Although he was preeminent in his field, most of his colleagues dismissed or ridiculed his forecast. In 1972 his prediction was confirmed. Hubbert also said: “it appears that the culmination [i.e., peak] of world production [of petroleum and natural gas] should occur within about half a century.” Fifty years later, with production ostensibly unable to surpass 85 million barrels per day, we may be riding “Hubbert’s Peak.” We will not know definitively about peak oil until we are past it. Think of it this way: in Hank Aaron’s final years his home run production was: 47 (his peak), 34, 40, 20, 12, and 10. A majority of Americans consistently tells opinion pollsters that healthcare is a right; yet this majority simultaneously cringes at the countervailing ideas of rationing and being denied the right to choose their doctors. Accordingly, the administrative, legal and fiscal structure of American healthcare represents a pastiche of regulatory and free-market incentives addressing: 1.) controlling costs, which are driven by technological innovations, malpractice and liability insurance, rising energy and petroleum-based equipment prices; and inefficiencies, waste and fraud; 2.) coverage for 45 million uninsured citizens and several million more who are underinsured; and 3.) needed improvements in quality on an absolute basis as well as relative to other industrial nations.

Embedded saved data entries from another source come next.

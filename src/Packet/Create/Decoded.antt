-- ===== src/Packet/Create/Decoded.antt =====
-- What a constructor makes of a raw packet that this library wrote.
use pyrad.Common.{
  ℕ, ◌+◌, ◌/◌, ◌%◌, ◌≤◌, ◌≡◌, refl, ◌∙◌, ap, Option, none, some, ◌∷◌, ◌++◌, Bytes, Text, length,
  length-append, arith,
}
use pyrad.Common.Result.{ok}
use pyrad.Common.Dict.{HasDistinctKeys}
use pyrad.Dictionary.Types.{key_eq_instance}
use pyrad.Externals.{Externals}
use pyrad.Packet.State.{Kind, plain, Packet}
use pyrad.Packet.Decode.{decode_packet}
use pyrad.Packet.Decode.Attrs.{with_attrs}
use pyrad.Packet.Decode.RoundTrip.{IsPlain, marks, marks_keep}
use pyrad.Packet.Decode.Whole.{with_header, decode_packet-encode}
use pyrad.Packet.Raw.{encoded}
use pyrad.Packet.Create.{construct, from_wire, construct-from_wire, new_object}

-- The packet `r` of class `kind` has the parts of `q`, the authenticator of the raw packet, and the
-- secret that the constructor got.
pub record IsDecoded (q : Packet) (kind : Kind) (secret authenticator raw : Bytes)
    (auth_type : Text) (r : Packet) : Type 0 where
  pub kind_eq : r.kind ≡ kind
  pub dict : r.dict ≡ q.dict
  pub code : r.code ≡ q.code
  pub id : r.id ≡ q.id
  pub secret_eq : r.secret ≡ secret
  pub attrs : r.attrs ≡ q.attrs
  pub authenticator_eq : r.authenticator ≡ some authenticator
  pub auth_type_eq : r.auth_type ≡ auth_type
  pub raw_packet : r.raw_packet ≡ elim kind [ plain ↦ none | _ ↦ some raw ]

module _ (x : Externals) (draw : ℕ → ℕ) where
  -- A header, an authenticator and the attributes of `q` decode to a packet with the parts of `q`.
  pub construct-written :
      (q : Packet) (raw attr authenticator : Bytes) (kind : Kind) (c id : ℕ) (secret : Bytes)
      (own : Option Bytes) (auth_type : Text)
      → encoded q ≡ ok attr
      → raw
        ≡ q.code
          ∷ q.id
          ∷ ((20 + length attr) / 256)
          ∷ ((20 + length attr) % 256)
          ∷ (authenticator ++ attr)
      → length authenticator ≡ 16
      → IsPlain q.dict q.attrs
      → HasDistinctKeys q.attrs
      → length raw ≤ 4096
      → (r : Packet) × (construct x draw kind c id secret own q.dict auth_type (from_wire raw)
          ≡ ok r)
        × IsDecoded q kind secret authenticator raw auth_type r
  construct-written q raw attr authenticator kind c id secret own auth_type e whole len flat
        distinct short =
      let o : Packet = new_object kind c id secret own q.dict auth_type (some raw) in
      let h = with_header q.code q.id authenticator o in
      let decoded =
        ap (λ (b : Bytes). decode_packet b o) whole
        ∙ decode_packet-encode q.code q.id authenticator attr q.attrs o len
            (omega (arith, ap (length {A = ℕ}) whole, length-append authenticator attr, len)) flat
            distinct (unfold encoded in e) in
      let keep = marks_keep q.attrs h in
      let r = with_attrs q.attrs (marks q.attrs h) in
      (
        r,
        construct-from_wire x draw kind c id secret own q.dict auth_type raw r decoded,
        record {
          kind_eq = ap (λ (k : Packet). k.kind) keep;
          dict = ap (λ (k : Packet). k.dict) keep;
          code = ap (λ (k : Packet). k.code) keep;
          id = ap (λ (k : Packet). k.id) keep;
          secret_eq = ap (λ (k : Packet). k.secret) keep;
          attrs = refl;
          authenticator_eq = ap (λ (k : Packet). k.authenticator) keep;
          auth_type_eq = ap (λ (k : Packet). k.auth_type) keep;
          raw_packet = ap (λ (k : Packet). k.raw_packet) keep;
        },
      )
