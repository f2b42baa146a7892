-- ===== src/Packet/Reply/Accepted.antt =====
-- A reply that `create_raw_reply` wrote is accepted by the packet that it answers.
use pyrad.Common.{
  ℕ, ◌≤◌, ◌≡◌, refl, ◌∙◌, ap, true, Option, some, ◌++◌, Bytes, Text, length, take, take-append,
  drop-append, take_of_length-le, arith, inl, inr, Option-cases, ==_iff,
}
use pyrad.Common.Eq.{text_eq_iff}
use pyrad.Common.Result.{Result, ok, raise, value_error, type_error, or_raise, or_raise-eq-ok}
use pyrad.Common.Result
use pyrad.Common.Exec.{>>=-eq-ok}
use pyrad.Common.Dict.{HasDistinctKeys}
use pyrad.Dictionary.Types.{key_eq_instance}
use pyrad.Externals.{Externals}
use pyrad.Packet.State.{Kind, Packet}
use pyrad.Packet.Encode.{encode_header}
use pyrad.Packet.Decode.RoundTrip.{IsPlain}
use pyrad.Packet.Decode.Whole.{encode_header_shape}
use pyrad.Packet.Raw.{encoded, raw_reply}
use pyrad.Packet.Authenticator.{create_raw_reply, refresh_if_set}
use pyrad.Packet.Authenticator.Verify.{reply_matches}
use pyrad.Packet.Create.Decoded.{IsDecoded, construct-written}
use pyrad.Packet.Create.{construct, create_reply, from_wire, reply_code}
use pyrad.Packet.Reply.{verify_reply}

module _ (x : Externals) (draw : ℕ → ℕ) where
  -- The parts of a raw reply: the header, the response authenticator over the authenticator that
  -- the packet has, and the attributes.
  pub record RawReply (q : Packet) (raw : Bytes) : Type 0 where
    pub attr : Bytes
    pub header : Bytes
    pub authenticator : Bytes
    pub attr_eq : encoded q ≡ ok attr
    pub header_eq : encode_header q attr ≡ ok header
    pub authenticator_eq : q.authenticator ≡ some authenticator
    pub raw_eq :
        raw ≡ header ++ (x.md5 (take 4 header ++ (authenticator ++ (attr ++ q.secret))) ++ attr)

  raw_reply_shape : (q : Packet) (raw : Bytes) → raw_reply x q ≡ ok raw → RawReply q raw
  unfolding raw_reply
  raw_reply_shape q raw h =
      let (attr, e, h') = Result.>>=-eq-ok (encoded q) _ h in
      let (header, e', h'') = Result.>>=-eq-ok (encode_header q attr) _ h' in
      let (a, e'', h₃) = Result.>>=-eq-ok (or_raise type_error q.authenticator) _ h'' in
      record {
        attr = attr;
        header = header;
        authenticator = a;
        attr_eq = e;
        header_eq = e';
        authenticator_eq = or_raise-eq-ok type_error q.authenticator a e'';
        raw_eq = cc h₃;
      }

  -- Whatever `create_raw_reply` refreshed first, the bytes come from the packet as it is left.
  pub create_raw_reply_shape :
      (q q' : Packet) (raw : Bytes) → create_raw_reply x draw q ≡ (ok raw, q') → RawReply q' raw
  unfolding create_raw_reply
  create_raw_reply_shape q q' raw h = elim (Option-cases q.authenticator) [
    | inl missing ↦ ground arith
    | inr (a, there) ↦
        let (u, t, e, k) =
          >>=-eq-ok (refresh_if_set x draw) (λ (u : Unit {0}) (s : Packet). (raw_reply x s, s)) q
            (rw (there, create_raw_reply) at h) in
        raw_reply_shape q' raw (
          rw (ap (λ (r : Result Bytes × Packet). r.1) k) at
            (ap (λ (r : Result Bytes × Packet). r.0) k))
  ]

  -- The check of `verify_reply` on the bytes and the attributes of a raw reply, by a packet with its
  -- secret and its authenticator.
  reply_matches-raw :
      (p q : Packet) (raw : Bytes) (r : RawReply q raw)
      → q.secret ≡ p.secret
      → q.authenticator ≡ p.authenticator
      → reply_matches x p raw r.attr ≡ ok true
  unfolding reply_matches
  reply_matches-raw p q raw r hs ha =
      let (shape, _, _, _) = encode_header_shape q r.attr r.header r.header_eq in
      let response = x.md5 (take 4 r.header ++ (r.authenticator ++ (r.attr ++ q.secret))) in
      rw
        (
          r.raw_eq,
          ← ha,
          r.authenticator_eq,
          ← hs,
          take-append 4 r.header (response ++ r.attr) (ap (length {A = ℕ}) shape),
          drop-append 4 r.header (response ++ r.attr) (ap (length {A = ℕ}) shape),
          take-append 16 response r.attr (x.length-md5 _),
        )
        (rw (take_of_length-le 4 r.header (omega (arith, ap (length {A = ℕ}) shape))) (
          ap ok (
            (text_eq_iff (x.md5 (r.header ++ (r.authenticator ++ (r.attr ++ q.secret)))) _).1
              refl)))

  -- A reply with the identifier and the encoding of the raw reply passes the verification.
  verify_reply_by :
      (p r : Packet) (raw attr : Bytes)
      → r.id ≡ p.id
      → encoded r ≡ ok attr
      → reply_matches x p raw attr ≡ ok true
      → verify_reply x draw p (some raw) r ≡ (ok true, r)
  unfolding verify_reply
  verify_reply_by p r raw attr hi he hm = rw ((==_iff r.id p.id).1 hi, he, hm)

  pub verify_reply-raw :
      (p q r : Packet) (raw : Bytes)
      → RawReply q raw
      → q.secret ≡ p.secret
      → q.authenticator ≡ p.authenticator
      → r.id ≡ p.id
      → r.dict ≡ q.dict
      → r.attrs ≡ q.attrs
      → verify_reply x draw p (some raw) r ≡ (ok true, r)
  unfolding encoded
  verify_reply-raw p q r raw w hs ha hi hd hat =
      verify_reply_by p r raw w.attr hi (rw (hd, hat) w.attr_eq) (reply_matches-raw p q raw w hs ha)

  pub written_reply_decodes :
      (q : Packet) (raw : Bytes) (kind : Kind) (c id : ℕ) (secret : Bytes)
      (authenticator : Option Bytes) (auth_type : Text) (w : RawReply q raw)
      → IsPlain q.dict q.attrs
      → HasDistinctKeys q.attrs
      → length raw ≤ 4096
      → (r : Packet) × (construct x draw kind c id secret authenticator q.dict auth_type
            (from_wire raw)
          ≡ ok r)
        × IsDecoded q kind secret
            (x.md5 (take 4 w.header ++ (w.authenticator ++ (w.attr ++ q.secret))))
            raw
            auth_type
            r
  written_reply_decodes q raw kind c id secret authenticator auth_type w flat distinct short =
      let (shape, _, _, _) = encode_header_shape q w.attr w.header w.header_eq in
      let response = x.md5 (take 4 w.header ++ (w.authenticator ++ (w.attr ++ q.secret))) in
      construct-written x draw q raw w.attr response kind c id secret authenticator auth_type
        w.attr_eq (w.raw_eq ∙ ap (λ (b : Bytes). b ++ (response ++ w.attr)) shape) (x.length-md5 _)
        flat distinct short

  -- Let `create_raw_reply` of `q` write `raw`, and let `p` have the identifier, the secret, the
  -- authenticator and the dictionary of `q`. If the attributes of `q` are plain (each a list of at
  -- least one value under a code other than 26 or a pair, and no tlv, or a tlv under the key of an
  -- attribute of the dictionary other than 26 and 80, with distinct codes and at least one value
  -- for each) with distinct keys, and `raw` has at most 4096 bytes, then
  -- `create_reply(packet=raw)` of `p` makes a packet with the code, the identifier and the
  -- attributes of `q`, and `verify_reply` accepts it.
  pub reply_accepted :
      (p q q' : Packet) (raw : Bytes)
      → create_raw_reply x draw q ≡ (ok raw, q')
      → q'.id ≡ p.id
      → q'.secret ≡ p.secret
      → q'.authenticator ≡ p.authenticator
      → q'.dict ≡ p.dict
      → IsPlain q'.dict q'.attrs
      → HasDistinctKeys q'.attrs
      → length raw ≤ 4096
      → (r : Packet) × (create_reply x draw p (from_wire raw) ≡ ok r)
        × (r.code ≡ q'.code)
        × (r.id ≡ q'.id)
        × (r.attrs ≡ q'.attrs)
        × (verify_reply x draw p (some raw) r ≡ (ok true, r))
  unfolding create_reply
  reply_accepted p q q' raw h hi hs ha hd plain distinct short =
      let w = create_raw_reply_shape q q' raw h in
      let (r, made, v) =
        written_reply_decodes q' raw p.kind (reply_code p.kind) p.id p.secret p.authenticator
          p.auth_type w plain distinct short in
      (
        r,
        rw (← hd) made,
        v.code,
        v.id,
        v.attrs,
        verify_reply-raw p q' r raw w hs ha (v.id ∙ hi) v.dict v.attrs,
      )
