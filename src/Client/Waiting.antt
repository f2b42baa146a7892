-- ===== src/Client/Waiting.antt =====
-- How `Client._send_packet` of pyrad/client.py ends: with the server's reply, with Timeout, or with the
-- exception that its handler of exceptions raises.
use pyrad.Common.{
  ℕ, zero, suc, ◌+◌, ◌*◌, ◌≤◌, ◌<◌, ◌≡◌, refl, ap, ◌∙◌, true, false, none, some, List, [], ◌∷◌,
  ◌++◌, Bytes, length, replicate, All, append_assoc, append-nil, ltb, ◌==◌, arith, Bool-cases, inl,
  inr,
}
use pyrad.Common.Dict.{HasDistinctKeys}
use pyrad.Common.Result.{Error, ok, raise, timeout, attribute_error}
use pyrad.Externals.{Externals}
use pyrad.Dictionary.Types.{key_eq_instance}
use pyrad.Packet.PacketCode
use pyrad.Packet.State.{auth, Packet}
use pyrad.Packet.Decode.RoundTrip.{IsPlain}
use pyrad.Packet.Raw.{raw_auth_request}
use pyrad.Packet.Crypt.{ensure_authenticator}
use pyrad.Packet.Authenticator.{
  create_raw_reply, create_raw_request, create_raw_auth_request, refresh_if_set,
}
use pyrad.Packet.Create.{create_reply, from_wire}
use pyrad.Packet.Reply.Accepted.{reply_accepted}
use pyrad.Client.{
  Client, Poll, Attempt, Sender, on_packet, send_to, delay_retry, answer, listen, or_listen,
  attempt, attempts, or_retry, or_timeout, send_packet_to,
}

-- The calls of `poll` bring nothing until the clock has reached the time.
pub data IsSilent (waitto : ℕ) : ℕ → List Poll → Type 0 where
  over : {now : ℕ} {ts : List Poll} → waitto ≤ now → IsSilent waitto now ts
  silent :
      {now : ℕ} {t : Poll} {ts : List Poll}
      → t.ready ≡ none
      → IsSilent waitto t.time ts
      → IsSilent waitto now (t ∷ ts)

module _ (x : Externals) (draw : ℕ → ℕ) where
  listen_over :
      (p : Packet) (waitto now : ℕ) (ts : List Poll)
      → waitto ≤ now
      → listen x draw p waitto now ts ≡ ok none
  unfolding listen
  listen_over p waitto now [] h = ground arith
  listen_over p waitto now (t ∷ ts) h = ground arith

  listen_silent :
      (p : Packet) (waitto now : ℕ) (ts : List Poll)
      → IsSilent waitto now ts
      → listen x draw p waitto now ts ≡ ok none
  unfolding listen answer or_listen
  listen_silent p waitto now ts (over h) = listen_over p waitto now ts h
  listen_silent p waitto now _ (silent {t = t} {ts = ts} none_ready quiet) =
      elim (Bool-cases (ltb now waitto)) [
        | inl more ↦ rw (more, none_ready) (listen_silent p waitto t.time ts quiet)
        | inr late ↦ rw late refl
      ]

  -- A packet that makes the same request each time, and stays as it is.
  abbrev IsStable : Packet → Bytes → Type 0
  IsStable p raw =
      (number seconds : ℕ) (random : Bytes)
      → (delay_retry x draw seconds number p ≡ (ok tt, p))
        × (create_raw_request x draw random p ≡ (ok raw, p))

  auth-IsStable :
      (p : Packet) (a raw : Bytes)
      → p.kind ≡ auth
      → p.authenticator ≡ some a
      → p.message_authenticator ≡ none
      → (p.code == PacketCode.accounting_request) ≡ false
      → raw_auth_request x p ≡ ok raw
      → IsStable p raw
  unfolding create_raw_request create_raw_auth_request ensure_authenticator refresh_if_set
      delay_retry
  auth-IsStable p a raw hk ha hm hc hr zero seconds random = (refl, ground (arith, hk, ha, hm, hr))
  auth-IsStable p a raw hk ha hm hc hr (suc number) seconds random =
      (rw hc, ground (arith, hk, ha, hm, hr))

  module _ (c : Client) where
    abbrev log : Sender → List (ℕ × Bytes) → Sender
    log s more = record s { sent = s.sent ++ more }

    abbrev deadline : Attempt → ℕ
    deadline a = a.start + c.timeout_seconds * 1000000

    attempt_silent :
        (port number : ℕ) (a : Attempt) (s : Sender) (raw : Bytes)
        → IsStable s.pkt raw
        → IsSilent (deadline a) a.start a.polls
        → attempt x draw c port number a s ≡ (ok none, log s ((port, raw) ∷ []))
    unfolding attempt on_packet send_to
    attempt_silent port number a s raw stable quiet =
        let (delayed, made) = stable number c.timeout_seconds a.random in
        rw (delayed, made, listen_silent s.pkt (deadline a) a.start a.polls quiet)

    attempts_silent :
        (port n number : ℕ) (trace : List Attempt) (s : Sender) (raw : Bytes)
        → IsStable s.pkt raw
        → All (λ a. IsSilent (deadline a) a.start a.polls) trace
        → n ≤ length trace
        → attempts x draw c port n number trace s ≡ (ok none, log s (replicate n (port, raw)))
    unfolding attempts or_retry
    attempts_silent port zero number trace s raw stable quiet enough = rw (append-nil s.sent)
    attempts_silent port (suc n) number [] s raw stable quiet enough = absurd (omega arith)
    attempts_silent port (suc n) number (a ∷ trace) s raw stable (now, later) enough =
        rw (attempt_silent port number a s raw stable now) (
          attempts_silent port n (number + 1) trace (log s ((port, raw) ∷ [])) raw stable later
            (omega arith)
          ∙ ap (λ (l : List (ℕ × Bytes)). (ok none, record s { sent = l }))
              (append_assoc s.sent ((port, raw) ∷ []) (replicate n (port, raw))))

    -- Nothing comes back: an AuthPacket that has its authenticator, no Message-Authenticator and not
    -- the code of an accounting request is sent `retries` times, the same datagram each time, and then
    -- Timeout is raised. The trace has an attempt for each retry, and in each of them the clock
    -- reaches the end of the wait.
    pub send_packet_to_silent :
        (port : ℕ) (trace : List Attempt) (s : Sender) (a raw : Bytes)
        → s.pkt.kind ≡ auth
        → s.pkt.authenticator ≡ some a
        → s.pkt.message_authenticator ≡ none
        → (s.pkt.code == PacketCode.accounting_request) ≡ false
        → raw_auth_request x s.pkt ≡ ok raw
        → All (λ a. IsSilent (deadline a) a.start a.polls) trace
        → c.retries ≤ length trace
        → send_packet_to x draw c port trace s
          ≡ (raise timeout, record s { sent = s.sent ++ replicate c.retries (port, raw) })
    unfolding send_packet_to or_timeout
    send_packet_to_silent port trace s a raw hk ha hm hc hr quiet enough =
        rw
          (attempts_silent port c.retries 0 trace s raw (auth-IsStable s.pkt a raw hk ha hm hc hr)
            quiet enough)
          refl

    -- The state after the first datagram is sent.
    abbrev sent_once : ℕ → Bytes → Packet → Sender → Sender
    sent_once port req p s = record s { pkt = p; sent = s.sent ++ (port, req) ∷ [] }

    first_attempt :
        (port : ℕ) (a : Attempt) (s : Sender) (raw req : Bytes) (p : Packet) (time : ℕ)
        (ts : List Poll)
        → 0 < c.timeout_seconds
        → create_raw_request x draw a.random s.pkt ≡ (ok req, p)
        → a.polls ≡ record { ready = some raw; time = time } ∷ ts
        → attempt x draw c port 0 a s ≡ (
          or_listen (answer x draw p (some raw)) (listen x draw p (deadline a) time ts),
          sent_once port req p s,
        )
    unfolding attempt on_packet send_to delay_retry listen
    first_attempt port a s raw req p time ts some_time made polled =
        let early : ltb a.start (deadline a) ≡ true = ground arith in rw (made, polled, early) refl

    -- A datagram that the packet cannot decode ends the call: if the first one that comes is such, no
    -- Timeout and no retry follows, but an AttributeError, since `except PacketCode.PacketError` names
    -- something that is not there. The timeout and the number of retries are not 0.
    pub undecodable_reply :
        (port n : ℕ) (a : Attempt) (trace : List Attempt) (s : Sender) (raw req : Bytes)
        (p : Packet) (e : Error) (time : ℕ) (ts : List Poll)
        → c.retries ≡ suc n
        → 0 < c.timeout_seconds
        → create_raw_request x draw a.random s.pkt ≡ (ok req, p)
        → a.polls ≡ record { ready = some raw; time = time } ∷ ts
        → create_reply x draw p (from_wire raw) ≡ raise e
        → send_packet_to x draw c port (a ∷ trace) s
          ≡ (raise attribute_error, record s { pkt = p; sent = s.sent ++ (port, req) ∷ [] })
    unfolding send_packet_to attempts answer or_listen attempt
    undecodable_reply port n a trace s raw req p e time ts retries some_time made polled broken =
        rw (retries, first_attempt port a s raw req p time ts some_time made polled, broken) refl

    -- The first datagram that comes, before the timeout, is the answer of the server: what
    -- `create_raw_reply` of `q` writes, with the identifier, the secret, the authenticator and the
    -- dictionary that the packet has when it is sent, plain attributes with distinct keys and at most
    -- 4096 bytes. Then `_send_packet` returns a reply with the code, the identifier and the attributes
    -- of `q`, after one datagram. The timeout and the number of retries are not 0.
    pub genuine_reply_returned :
        (port n : ℕ) (a : Attempt) (trace : List Attempt) (s : Sender) (raw req : Bytes)
        (p q q' : Packet) (time : ℕ) (ts : List Poll)
        → c.retries ≡ suc n
        → 0 < c.timeout_seconds
        → create_raw_request x draw a.random s.pkt ≡ (ok req, p)
        → a.polls ≡ record { ready = some raw; time = time } ∷ ts
        → create_raw_reply x draw q ≡ (ok raw, q')
        → q'.id ≡ p.id
        → q'.secret ≡ p.secret
        → q'.authenticator ≡ p.authenticator
        → q'.dict ≡ p.dict
        → IsPlain q'.dict q'.attrs
        → HasDistinctKeys q'.attrs
        → length raw ≤ 4096
        → (r : Packet) × (send_packet_to x draw c port (a ∷ trace) s
            ≡ (ok r, record s { pkt = p; sent = s.sent ++ (port, req) ∷ [] }))
          × (r.code ≡ q'.code)
          × (r.id ≡ q'.id)
          × (r.attrs ≡ q'.attrs)
    unfolding send_packet_to attempts answer or_listen attempt
    genuine_reply_returned port n a trace s raw req p q q' time ts retries some_time made polled
          written hi hs ha hd plain distinct short =
        let (r, created, same_code, same_id, same_attrs, accepted) =
          reply_accepted x draw p q q' raw written hi hs ha hd plain distinct short in
        (
          r,
          rw
              (
                retries,
                first_attempt port a s raw req p time ts some_time made polled,
                created,
                accepted,
              )
              refl,
          same_code,
          same_id,
          same_attrs,
        )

Reviewers of healthcare reform concede the failure of incrementalism and the imperviousness of the system to genuine improvement and, therefore, call for fundamental change, which the coming energy crisis –an unexpected and inescapable exogenous event– will produce. Parallel to peak oil, our nation’s ability and willingness to perpetuate current financing of medicine is threatened by growing foreign trade and budget deficits, deteriorating national infrastructure, and the costs of war. The especial significance of peak oil, however, is that, in addition to posing a fiscal risk, it threatens the structure of healthcare simply because medical facilities consume large amounts of fossil fuel for climate control, to operate equipment, and in their vast array of medical and ancillary products –most disposable after one use, manufactured overseas and shipped here with (formerly) cheap fossil fuels.